Parsing logs/configs with many duplicate values
DNS names, hostnames, labels
Cached taxonomy/enum values

Warning: Strings in the pool are never garbage collected. Only intern strings with known longevity.

Substring Gotcha: GC Prevention

Substrings share the underlying array, preventing garbage collection of the original.

// PROBLEMATIC: Holding substring keeps entire string allocated
func ProcessLargeFileProblematic(filepath string) []string {
    content, _ := ioutil.ReadFile(filepath)  // 10 MB
    lines := strings.Split(string(content), "\n")

    // Keeping only first 100 lines
    results := lines[:100]

    // content is still allocated (not GC'd)!
    // Because each line[:100] shares the original byte array
    return results
}

// SOLUTION: Clone substrings (Go 1.20+)
func ProcessLargeFileFixed(filepath string) []string {
    content, _ := ioutil.ReadFile(filepath)
    lines := strings.Split(string(content), "\n")
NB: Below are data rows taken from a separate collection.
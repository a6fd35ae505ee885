-- ===== src/Float/Round/Exact.antt =====
-- The magnitudes that a `float` holds, which rounding leaves alone and never crosses.
use native.Mathlib.Nat.{
  mul_comm, one-mul, div-add-mod, mul-le-mul_right, mul-le-mul_left, mul-div-le, mul-le-mul_left,
  mul-div-le, dvd_refl, dvd_trans, dvd-mul_left, mul-div_cancel',
}
use native.Mathlib.Decide.{dec_lt}
use tabmo_codding_challenge.Common.{
  ℕ, zero, suc, ◌*◌, ◌/◌, ◌^◌, ◌≤◌, ◌<◌, ◌∣◌, ◌≡◌, sym, ap, subst, ◌∙◌, inl, inr, arith,
}
use tabmo_codding_challenge.Float.Round.{ulp, nearest, spacing, round_ratio, max_doublings}
use tabmo_codding_challenge.Float.Round.Error.{
  nearest_cases, nearest_exact, ulp_cases, double_shift, unit-dvd-ulp, ulp-dvd-ulp, round_ratio_lem,
  spacing_lem, spacing_pos,
}

-- A magnitude in units that a `float` holds exactly.
abbrev pub IsRepresentable : ℕ → Type 0
IsRepresentable mag = spacing mag 1 ∣ mag

ulp_fits :
    (fuel num den unit : ℕ)
    → num < den * (2 ^ fuel * unit) * 2 ^ 24
    → num < den * ulp fuel num den unit * 2 ^ 24
ulp_fits zero num den unit h = unfold ulp in omega arith
ulp_fits (suc fuel) num den unit h = elim (ulp_cases fuel num den unit) [
  | inl (small, e) ↦ rw e small
  | inr (_, e) ↦ rw e (ulp_fits fuel num den (2 * unit) (rw (← double_shift fuel unit) h))
]

-- The spacing at a number below 2 ^ 24 spacings of another one, and below twice as many.
ulp-dvd_of_lt :
    (fuel num den b unit : ℕ)
    → b < ulp fuel num den unit * 2 ^ 24
    → ulp fuel b 1 unit ∣ ulp fuel num den unit
ulp-dvd_of_lt zero num den b unit h = unfold ulp in dvd_refl unit
ulp-dvd_of_lt (suc fuel) num den b unit h = elim (ulp_cases fuel b 1 unit) [
  | inl (_, e') ↦ rw e' (unit-dvd-ulp (suc fuel) num den unit)
  | inr (big, e') ↦ elim (ulp_cases fuel num den unit) [
    | inl (_, e) ↦ absurd (let h' = rw e at h in omega arith)
    | inr (_, e) ↦ rw (e, e') (ulp-dvd_of_lt fuel num den b (2 * unit) (rw e at h))
  ]
]

ulp_stops : (fuel num unit : ℕ) → num < unit * 2 ^ 24 → ulp fuel num 1 unit ∣ unit
ulp_stops zero num unit h = unfold ulp in dvd_refl unit
ulp_stops (suc fuel) num unit h = elim (ulp_cases fuel num 1 unit) [
  | inl (_, e) ↦ rw e (dvd_refl unit)
  | inr (big, _) ↦ absurd (omega arith)
]

ulp-dvd_double :
    (fuel num den b unit : ℕ)
    → b < ulp fuel num den unit * 2 ^ 25
    → ulp fuel b 1 unit ∣ 2 * ulp fuel num den unit
ulp-dvd_double zero num den b unit h = unfold ulp in dvd-mul_left unit 2
ulp-dvd_double (suc fuel) num den b unit h = elim (ulp_cases fuel b 1 unit) [
  | inl (_, e') ↦ rw e' (dvd_trans unit (unit-dvd-ulp (suc fuel) num den unit) (dvd-mul_left _ 2))
  | inr (big, e') ↦ elim (ulp_cases fuel num den unit) [
    | inl (_, e) ↦ rw (e, e') (ulp_stops fuel b (2 * unit) (let h' = rw e at h in omega arith))
    | inr (_, e) ↦ rw (e, e') (ulp-dvd_double fuel num den b (2 * unit) (rw e at h))
  ]
]

nearest-le : (a b d : ℕ) → 0 < d → d ∣ b → a ≤ b → nearest a d * d ≤ b
nearest-le a b d pos div h =
    let e : d * (b / d) ≡ b = mul-div_cancel' d div in
    elim (nearest_cases a d) [
      | inl (n, _) ↦ rw n (omega (arith, mul-div-le a d))
      | inr (n, above) ↦ elim (dec_lt (a / d) (b / d)) [
        | yes p ↦ rw n (omega (arith, mul-le-mul_right d p))
        | no p ↦
            let q : b / d ≤ a / d = omega arith in
            absurd (omega (arith, div-add-mod a d, mul-le-mul_left d q))
      ]
    ]

-- Rounding never passes a representable number.
pub round_ratio-le : (a b : ℕ) → IsRepresentable b → a ≤ b → round_ratio a 1 ≤ b
round_ratio-le a b rep h =
    rw (round_ratio_lem, one-mul)
      (nearest-le a b (spacing a 1) (spacing_pos a 1)
        (dvd_trans _ (rw (spacing_lem a 1, spacing_lem b 1) (ulp-dvd-ulp max_doublings a b 1 1 h))
          rep)
        h)

-- A representable number stays as it is.
pub round_ratio_exact : (a : ℕ) → IsRepresentable a → round_ratio a 1 ≡ a
round_ratio_exact a rep =
    let u = spacing a 1 in
    let e : a / u * u ≡ a = mul_comm (a / u) u ∙ mul-div_cancel' u rep in
    rw (round_ratio_lem, one-mul)
      (ap (λ t. nearest t u * u) (sym e)
        ∙ ap (λ t. t * u) (nearest_exact (a / u) u (spacing_pos a 1))
        ∙ e)

-- A number below 2 ^ 277 fills at most 24 bits when it is rounded.
rounded-le :
    (num den : ℕ) → 0 < den → num < den * 2 ^ 277 → nearest num (den * spacing num den) ≤ 2 ^ 24
rounded-le num den pos h =
    let d = den * spacing num den in
    let fits : num < den * ulp max_doublings num den 1 * 2 ^ 24 =
      ulp_fits max_doublings num den 1 (omega arith) in
    let fits' : num < d * 2 ^ 24 = rw spacing_lem fits in
    let small : num / d < 2 ^ 24 = elim (dec_lt (num / d) (2 ^ 24)) [
      | yes p ↦ p
      | no p ↦
          let q : 2 ^ 24 ≤ num / d = omega arith in
          absurd (omega (arith, mul-div-le num d, mul-le-mul_left d q))
    ] in
    elim (nearest_cases num d) [ inl (n, _) ↦ rw n (omega arith) | inr (n, _) ↦ rw n (omega arith) ]

-- So is every multiple of a spacing with 24 bits.
pub multiple-IsRepresentable : (num den m : ℕ) → m ≤ 2 ^ 24 → IsRepresentable (m * spacing num den)
multiple-IsRepresentable num den m bound =
    let u = spacing num den in
    elim (dec_lt m (2 ^ 24)) [
      | yes p ↦
          let below : m * u < u * 2 ^ 24 =
            omega (arith, mul-le-mul_right u p, spacing_pos num den) in
          dvd_trans _
            (rw (spacing_lem (m * u) 1, spacing_lem num den)
              (ulp-dvd_of_lt max_doublings num den _ 1 (rw (spacing_lem num den) at below)))
            (dvd-mul_left u m)
      | no p ↦
          let full : m ≡ 2 ^ 24 = omega arith in
          let below : m * u < u * 2 ^ 25 = rw full (omega (arith, spacing_pos num den)) in
          let even : 2 ^ 23 * (2 * u) ≡ m * u = rw full (omega arith) in
          dvd_trans _
            (rw (spacing_lem (m * u) 1, spacing_lem num den)
              (ulp-dvd_double max_doublings num den _ 1 (rw (spacing_lem num den) at below)))
            (subst (λ t. 2 * u ∣ t) even (dvd-mul_left (2 * u) (2 ^ 23)))
    ]

-- What rounding gives is representable.
pub round_ratio-IsRepresentable :
    (num den : ℕ) → 0 < den → num < den * 2 ^ 277 → IsRepresentable (round_ratio num den)
round_ratio-IsRepresentable num den pos h = rw round_ratio_lem (
    multiple-IsRepresentable num den (nearest num (den * spacing num den))
      (rounded-le num den pos h))
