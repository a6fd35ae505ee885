-- ===== src/Campagne/Budget.antt =====
-- What `DecrementeBudget` of src/Campagne.cpp does to the budget, its rounding included.
use native.Mathlib.Nat.{dvd-zero}
use native.Mathlib.Decide.{dec_lt}
use tabmo_codding_challenge.Common.{
  ℕ, zero, suc, ◌+◌, ◌-◌, ◌*◌, ◌^◌, ◌≤◌, ◌<◌, ◌≡◌, ◌⊎◌, inl, inr, refl, leb→le, sym, ◌∙◌, ap, true,
  false, arith, leb, Bool-cases, if◌then◌else◌,
}
use tabmo_codding_challenge.Float.{Float, nan, inf, fin, le, ge, sub}
use tabmo_codding_challenge.Float.Round.{round_ratio, spacing}
use tabmo_codding_challenge.Float.Round.Error.{round_ratio_error, spacing_lem, ulp_upper}
use tabmo_codding_challenge.Float.Round.Exact.{
  IsRepresentable, round_ratio-le, round_ratio-IsRepresentable, round_ratio_exact,
}
use tabmo_codding_challenge.Campagne.{Campagne, decremente_budget, budget_max, price_min, price_max}

-- Half the distance of the floats below 1024, 2 ^ -15.
abbrev pub rounding : ℕ
rounding = 2 ^ 134

-- A campaign with a budget and a price that are numbers: what the constructor leaves of a campaign
-- without NaN, and what purchases keep.
pub record Holds (c : Campagne) (budget price : ℕ) : Type 0 where
  pub is_budget : c.budget ≡ fin false budget
  pub is_price : c.bid_price ≡ fin false price
  pub is_float : IsRepresentable budget
  pub bounded : budget ≤ budget_max
  pub priced : price_min ≤ price
  pub cheap : price ≤ price_max

-- The budget that a purchase leaves.
abbrev pub remaining : ℕ → ℕ → ℕ
remaining budget price = round_ratio (budget - price) 1

remaining_zero : remaining 0 0 ≡ 0
remaining_zero = round_ratio_exact 0 (dvd-zero _)

sub_fin : (b p : ℕ) → p ≤ b → sub (fin false b) (fin false p) ≡ fin false (remaining b p)
unfolding sub
sub_fin b p h = elim (dec_lt p b) [
  | yes less ↦ ground arith
  | no not_less ↦
      let same : b ≡ p = omega arith in
      let nothing : b - p ≡ 0 = omega arith in rw (nothing, remaining_zero) (ground arith)
]

-- It is not more than before.
remaining-le : (b p : ℕ) → IsRepresentable b → remaining b p ≤ b
remaining-le b p rep = round_ratio-le (b - p) b rep (omega arith)

-- It is the exact difference up to a rounding.
pub remaining_error :
    (b p : ℕ)
    → b ≤ budget_max
    → p ≤ b
    → (remaining b p + p ≤ b + rounding) × (b ≤ remaining b p + p + rounding)
remaining_error b p h q =
    let small : spacing (b - p) 1 ≤ 2 ^ 135 =
      rw spacing_lem (ulp_upper 135 253 (b - p) 1 1 (omega arith)) in
    omega (arith, round_ratio_error (b - p) 1 (omega arith))

-- A price is far more than a rounding, so the budget falls.
remaining-lt : (b p : ℕ) → b ≤ budget_max → price_min ≤ p → p ≤ b → remaining b p < b
remaining-lt b p h q r = omega (arith, remaining_error b p h r)

module _ (c : Campagne) (b p : ℕ) (h : Holds c b p) where
  ge_lem : ge c.budget c.bid_price ≡ leb p b
  unfolding le
  ge_lem = rw (h.is_budget, h.is_price)

  price_off : p ≤ b → sub c.budget c.bid_price ≡ fin false (remaining b p)
  price_off q = rw (h.is_budget, h.is_price) (sub_fin b p q)

  -- A purchase succeeds exactly when the budget covers the price. It takes the price off the budget
  -- and changes nothing else; a purchase that fails changes nothing.
  pub decremente_budget_lem :
      ((p ≤ b) × (decremente_budget c ≡ (record c { budget = fin false (remaining b p) }, true)))
      ⊎ ((b < p) × (decremente_budget c ≡ (c, false)))
  unfolding decremente_budget
  decremente_budget_lem = elim (Bool-cases (leb p b)) [
    | inl enough ↦ inl (
      ground arith,
      rw (ge_lem, enough) (ap (λ x. (record c { budget = x }, true)) (price_off (ground arith))),
    )
    | inr short ↦ inr (ground arith, rw (ge_lem, short))
  ]

  -- What is left is again a budget of the kind.
  pub remaining-Holds :
      p ≤ b → Holds (record c { budget = fin false (remaining b p) }) (remaining b p) p
  remaining-Holds q = record {
    is_budget = refl;
    is_price = h.is_price;
    is_float = round_ratio-IsRepresentable (b - p) 1 (omega arith) (omega (arith, h.bounded));
    bounded = omega (arith, remaining-le b p h.is_float, h.bounded);
    priced = h.priced;
    cheap = h.cheap;
  }

  -- For a campaign that holds numbers: if the budget covers the price, a purchase returns true and
  -- leaves a smaller budget, lower by the price up to a rounding of 2 ^ -15; it changes nothing else,
  -- and the campaign holds numbers again. If not, the campaign stays as it is and the result is false.
  pub decremente_budget_pays :
      ((b' : ℕ) × (decremente_budget c ≡ (record c { budget = fin false b' }, true))
        × (p ≤ b)
        × (b' < b)
        × (b' + p ≤ b + rounding)
        × (b ≤ b' + p + rounding)
        × Holds (record c { budget = fin false b' }) b' p)
      ⊎ ((b < p) × (decremente_budget c ≡ (c, false)))
  decremente_budget_pays = elim decremente_budget_lem [
    | inl (q, e) ↦
        let (low, high) = remaining_error b p h.bounded q in
        inl
          (remaining b p, e, q, remaining-lt b p h.bounded h.priced q, low, high, remaining-Holds q)
    | inr (short, e) ↦ inr (short, e)
  ]

-- A campaign that buys as long as it can, `fuel` times at most: the number of purchases, and the
-- campaign after them.
unfoldable pub spend : ℕ → Campagne → ℕ × Campagne
spend zero c = (0, c)
spend (suc fuel) c =
    let rest = spend fuel (decremente_budget c).0 in
    if (decremente_budget c).1 then (rest.0 + 1, rest.1) else (0, c)

-- For a campaign that holds numbers: in a row of purchases, however many are tried, the prices paid
-- are within the first budget, up to one rounding of 2 ^ -15 for each purchase.
spend-le :
    (fuel : ℕ) (c : Campagne) (b p : ℕ)
    → Holds c b p
    → (spend fuel c).0 * p ≤ b + (spend fuel c).0 * rounding
unfolding spend
spend-le zero c b p h = omega arith
spend-le (suc fuel) c b p h = elim (decremente_budget_pays c b p h) [
  | inl (b', e, q, _, low, _, h') ↦
      rw e (omega (arith, spend-le fuel (record c { budget = fin false b' }) b' p h'))
  | inr (short, e) ↦ rw e (omega arith)
]

spend_ends :
    (fuel : ℕ) (c : Campagne) (b p : ℕ)
    → Holds c b p
    → b < fuel * (price_min - rounding)
    → (decremente_budget (spend fuel c).1).1 ≡ false
unfolding spend
spend_ends zero c b p h short = absurd (omega arith)
spend_ends (suc fuel) c b p h enough = elim (decremente_budget_pays c b p h) [
  | inl (b', e, q, _, low, _, h') ↦
      rw e (spend_ends fuel (record c { budget = fin false b' }) b' p h' (omega (arith, h.priced)))
  | inr (short, e) ↦ rw (e, e)
]

-- A campaign that holds numbers cannot buy for ever: when it has bought as long as it can, at most
-- 100307 times, a further purchase fails.
pub spend_terminates :
    (c : Campagne) (b p : ℕ) → Holds c b p → (decremente_budget (spend 100_307 c).1).1 ≡ false
spend_terminates c b p h = spend_ends 100_307 c b p h (omega (arith, h.bounded))

-- What every campaign of the list is: it has NaN for its budget or its price, or it holds numbers.
abbrev pub IsSeller : Campagne → Type 0
IsSeller c = ((c.budget ≡ nan) ⊎ (c.bid_price ≡ nan)) ⊎ ((b : ℕ) × (p : ℕ) × Holds c b p)

ge-nan : (x : Float) → ¬ (ge nan x ≡ true)
unfolding le
ge-nan nan = ground arith
ge-nan (inf s) = ground arith
ge-nan (fin s m) = ground arith

ge-nan_right : (x : Float) → ¬ (ge x nan ≡ true)
unfolding le
ge-nan_right x = ground arith

-- A campaign that can pay holds numbers, and its budget covers its price.
pub solvent-Holds :
    (c : Campagne)
    → IsSeller c
    → ge c.budget c.bid_price ≡ true
    → (b : ℕ) × (p : ℕ) × Holds c b p × (p ≤ b)
solvent-Holds c (inl (inl e)) h = absurd (ge-nan c.bid_price (rw e at h))
solvent-Holds c (inl (inr e)) h = absurd (ge-nan_right c.budget (rw e at h))
solvent-Holds c (inr (b, p, holds)) h = (b, p, holds, leb→le p b (sym (ge_lem c b p holds) ∙ h))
    results := make([]string, len(lines[:100]))
    for i, line := range lines[:100] {
        results[i] = strings.Clone(line)  // Makes independent copy
    }

    // Original content can now be GC'd
    return results
}

// Manual clone (pre-1.20)
func cloneString(s string) string {
    return string([]byte(s))  // Forces copy
}

// Benchmark: memory impact
func BenchmarkSubstringGC(b *testing.B) {
    b.Run("substring_shared", func(b *testing.B) {
        for i := 0; i < b.N; i++ {
            s := strings.Repeat("x", 10000)
            _ = s[:100]  // Substring still holds reference
        }
    })

    b.Run("substring_cloned", func(b *testing.B) {
        for i := 0; i < b.N; i++ {
            s := strings.Repeat("x", 10000)
            _ = strings.Clone(s[:100])  // Independent copy
        }
    })
}

Critical: Use strings.Clone() when extracting long-lived substrings from large strings.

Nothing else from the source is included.